Triunfó en Valencia la obra Perfectos Desconocidos

¿Qué pasaría si, en medio de una cena entre amigos, cada llamada y cada mensaje que llegara al celular de los presentes tuviera que leerse en voz alta? La pregunta, tan simple como inquietante, es el detonante de Perfectos Desconocidos, obra que acaba de aterrizar en Valencia tras una exitosa temporada en Caracas.

El montaje, dirigido por Basilio Álvarez, adapta la cinta italiana Perfetti Sconosciuti, del realizador Paolo Genovese, convertida desde 2016 en un fenómeno mundial con más de una veintena de versiones y un récord Guinness que lo confirma como el guion más reinterpretado del cine reciente.

Para darle vida sobre las tablas, Álvarez contó con un elenco de lujo: Nohely Arteaga, Sócrates Serrano, Sonia Villamizar, Aroldo Betancourt, Luigi Sciamanna, Jeska Lee e Iván Tamayo. Todos ellos interpretan a un grupo de parejas y amigos de toda la vida que, bajo el pretexto de observar un eclipse lunar, deciden jugar un “inocente” reto con sus teléfonos. El resultado: una velada en la que la confianza se resquebraja y las máscaras caen.


Entre lo íntimo y lo secreto

La obra recuerda que las personas llevamos varias vidas superpuestas: la que mostramos al público, la que reservamos a lo privado y aquella más profunda que preferimos ocultar. Ese último nivel, el de los secretos, es el terreno en el que se mueve la trama.
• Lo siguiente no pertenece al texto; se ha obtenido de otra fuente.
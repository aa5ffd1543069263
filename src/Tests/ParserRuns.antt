-- ===== src/Tests/ParserRuns.antt =====
-- The parser's memory pool and values at concrete inputs.
use bmd.Prelude.{
  ◌==◌, ◌+ℤ◌, ◌+◌, ◌≤◌, ◌≡◌, refl, inl, pos, negsuc, true, false, none, some, List, [], ◌∷◌, ◌++◌,
  map, codes, str_eq, All, arith, if◌then◌else◌,
}
use bmd.Conf.{VmConf}
use bmd.Conf.Vars.{Variables, set_var0, get_var0, get_var}
use bmd.Parser.Mpool.{Mpool, mperr_none, mpool_alloc, mpool_snapshot, mpool_rollback, roundup}
use bmd.Parser.Mpool.Disjoint.{IsPool, IsGiven, AreDisjoint, mpool_alloc-AreDisjoint}
use bmd.Parser.Mpool.Rollback.{used_parts, alloc_all, mpool_rollback-mpool_snapshot}
use bmd.Parser.Numbers.{strtol, parse_int}
use bmd.Parser.Expr.{CfExpr, value, fault, calc_expr, quot_ℤ}
use bmd.Parser.Expr.Exact.{Evaluates, calc_expr-Evaluates}
use bmd.Parser.Values.{ParserEnv, parse_disk, parse_iso, parse_net}
use bmd.Parser.Values.Typed.{with_disk, with_iso, with_net, parse_devices}
use bmd.Parser.Owner.{parse_owner}
use bmd.Parser.Owner.Fixed.{KeepsOwner, parse_owner-KeepsOwner}
use bmd.Parser.Params.{set_param}
use bmd.Parser.Params.Queues.{disk_of, set_param_disks}
use bmd.Tests.Samples.{sample_conf}

-- Two blocks, the first one all but full.
abbrev pools : List Mpool
pools =
    record {
      base = 4096;
      stop = 266240;
      used = 266232;
      last_used = 4136;
      error_number = mperr_none;
    }
    ∷ record {
      base = 1000000;
      stop = 1262144;
      used = 1000040;
      last_used = 1000040;
      error_number = mperr_none;
    }
    ∷ []

pools-IsPool : IsPool pools
pools-IsPool = (
  record { start = omega arith; inside = omega arith },
  (inl (omega arith), tt),
  (record { start = omega arith; inside = omega arith }, tt, tt),
)

allocated : (mpool_alloc 20 pools).0 ≡ some 1000040
unfolding mpool_alloc
allocated = refl

mpool_alloc-AreDisjoint_example :
    (20 ≤ roundup 20)
    × AreDisjoint (4136, 64) (1000040, roundup 20)
    × IsGiven (mpool_alloc 20 pools).1 (1000040, roundup 20)
    × IsGiven (mpool_alloc 20 pools).1 (4136, 64)
    × IsPool (mpool_alloc 20 pools).1
mpool_alloc-AreDisjoint_example =
    mpool_alloc-AreDisjoint 20 pools (4136, 64) 1000040 (omega arith) pools-IsPool
      (inl (omega arith, omega arith)) allocated

mpool_rollback-mpool_snapshot_example :
    used_parts (mpool_rollback (alloc_all (20 ∷ 300000 ∷ 8 ∷ []) (mpool_snapshot pools)))
    ≡ used_parts pools
mpool_rollback-mpool_snapshot_example = mpool_rollback-mpool_snapshot (20 ∷ 300000 ∷ 8 ∷ []) pools

hexadecimal : strtol 0 (codes " -0x1fz") ≡ (negsuc 30, codes "z")
unfolding strtol
hexadecimal = refl

trailing : parse_int (codes "12k") ≡ none
unfolding parse_int
trailing = refl

parse_devices_example :
    All
      (λ t.
        parse_disk sample_conf (t ++ codes ":" ++ codes "/dev/zvol/vm1")
        ≡ some (with_disk sample_conf t (codes "/dev/zvol/vm1")))
      (codes "ahci-hd" ∷ codes "virtio-blk" ∷ codes "nvme" ∷ [])
    × All
        (λ t.
          parse_iso sample_conf (t ++ codes ":" ++ codes "/dev/zvol/vm1")
          ≡ some (with_iso sample_conf t (codes "/dev/zvol/vm1")))
        (codes "ahci-cd" ∷ [])
    × All
        (λ t.
          parse_net sample_conf (t ++ codes ":" ++ codes "/dev/zvol/vm1")
          ≡ some (with_net sample_conf t (codes "/dev/zvol/vm1")))
        (codes "virtio-net" ∷ codes "e1000" ∷ [])
    × (parse_disk sample_conf (codes "/vm")
        ≡ some (with_disk sample_conf (codes "virtio-blk") (codes "/vm")))
    × (parse_iso sample_conf (codes "/vm")
        ≡ some (with_iso sample_conf (codes "ahci-cd") (codes "/vm")))
    × (parse_net sample_conf (codes "/vm")
        ≡ some (with_net sample_conf (codes "virtio-net") (codes "/vm")))
parse_devices_example =
    parse_devices sample_conf (codes "/dev/zvol/vm1") (codes "/vm")
      (omega arith, (omega arith, (omega arith, tt)))

-- One user, who is in one group.
abbrev parser_env : ParserEnv
parser_env = record {
  getpwnam = λ name. some 1001;
  getgrnam = λ name. some 5;
  in_group = λ name gid. gid == 5;
  method_exists = λ name. true;
}

abbrev owned_conf : VmConf
owned_conf = record sample_conf {
  vars = record {
    global = none;
    local = some ((codes "OWNER", codes "alice") ∷ (codes "GROUP", codes "operator") ∷ []);
    args = none;
  };
  owner = pos 1001;
  group = pos 5;
}

accepted :
    parse_owner parser_env
      (record sample_conf { vars = record { global = none; local = some []; args = none } })
      (codes "alice:operator")
    ≡ some owned_conf
unfolding parse_owner set_var0 str_eq
accepted = refl

parse_owner-KeepsOwner_example :
    KeepsOwner parser_env
      (record sample_conf { vars = record { global = none; local = some []; args = none } })
      (codes "alice:operator")
      owned_conf
parse_owner-KeepsOwner_example =
    parse_owner-KeepsOwner parser_env
      (record sample_conf { vars = record { global = none; local = some []; args = none } })
      (codes "alice:operator") owned_conf refl accepted

set_param_disks_example :
    ((set_param parser_env sample_conf (codes "disk") false (codes "nvme:/b" ∷ [])).disks
      ≡ (if false then sample_conf.disks else []) ++ map disk_of (codes "nvme:/b" ∷ []))
    × ((set_param parser_env sample_conf (codes "disk") false (codes "nvme:/b" ∷ [])).ndisks
        ≡ 1 + 1)
set_param_disks_example = set_param_disks parser_env sample_conf false (codes "nvme:/b" ∷ [])

abbrev some_vars : Variables
some_vars = record { global = some ((codes "N", codes "10") ∷ []); local = none; args = none }

-- 2 + ${N} / 0x3
abbrev sum_expr : CfExpr
sum_expr =
    CfExpr.op b'+' (CfExpr.num (codes "2"))
      (CfExpr.op b'/' (CfExpr.var (codes "N")) (CfExpr.num (codes "0x3")))

sum-Evaluates : Evaluates (some some_vars) sum_expr (pos 5)
unfolding strtol get_var get_var0 str_eq ◌+ℤ◌ quot_ℤ
sum-Evaluates =
    Evaluates.sum _ _ (pos 2) (pos 3) (Evaluates.number (codes "2") (pos 2) refl)
      (Evaluates.quotient _ _ (pos 10) (pos 3)
        (Evaluates.variable (codes "N") some_vars (codes "10") (pos 10) refl refl refl)
        (Evaluates.number (codes "0x3") (pos 3) refl) refl (omega arith, omega arith))
      (omega arith, omega arith)

calc_expr-Evaluates_example : calc_expr (some some_vars) sum_expr ≡ value (pos 5)
calc_expr-Evaluates_example = calc_expr-Evaluates (some some_vars) sum_expr (pos 5) sum-Evaluates

-- A remainder by 0 ends the process.
remainder_by_zero :
    calc_expr none (CfExpr.op b'%' (CfExpr.num (codes "7")) (CfExpr.num (codes "0"))) ≡ fault
unfolding calc_expr
remainder_by_zero = refl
Nohely Arteaga lo resume en una reflexión: Perfectos Desconocidos habla de lo que no decimos, del desconocimiento real de quienes nos rodean y de la ilusión de creer que conocemos a alguien por completo. Luigi Sciamanna coincide: “Ni siquiera con absoluta confianza podemos conocer a otro ser humano al cien por ciento”.


El celular como espejo

El teléfono, objeto cotidiano, se convierte aquí en símbolo y amenaza. Es la caja negra de nuestras vidas: conversaciones privadas, búsquedas, deseos, culpas y contradicciones que quedan almacenadas en silencio hasta que alguien decide abrirlas.

Jeska Lee lo explica con claridad: “No es que tengamos algo que ocultar, es que no nos relacionamos igual con un amigo que con nuestra madre. Hay contextos que nos obligan a callar”. Y de eso trata la obra: del derecho a preservar un espacio propio, del respeto a la intimidad ajena y de la incomodidad de reconocer que todos guardamos un rincón oscuro.


Una mirada actual

El guion, más allá de lo teatral, refleja dilemas muy contemporáneos: la infidelidad, la desconfianza, el impulso de revisar el celular de la pareja y la tentación de creer que todo debe saberse. Un estudio colombiano de 2017 señalaba que las mujeres revisan más el teléfono de sus parejas; sin embargo, en escena, la obra demuestra que la infidelidad y la opacidad no entienden de género.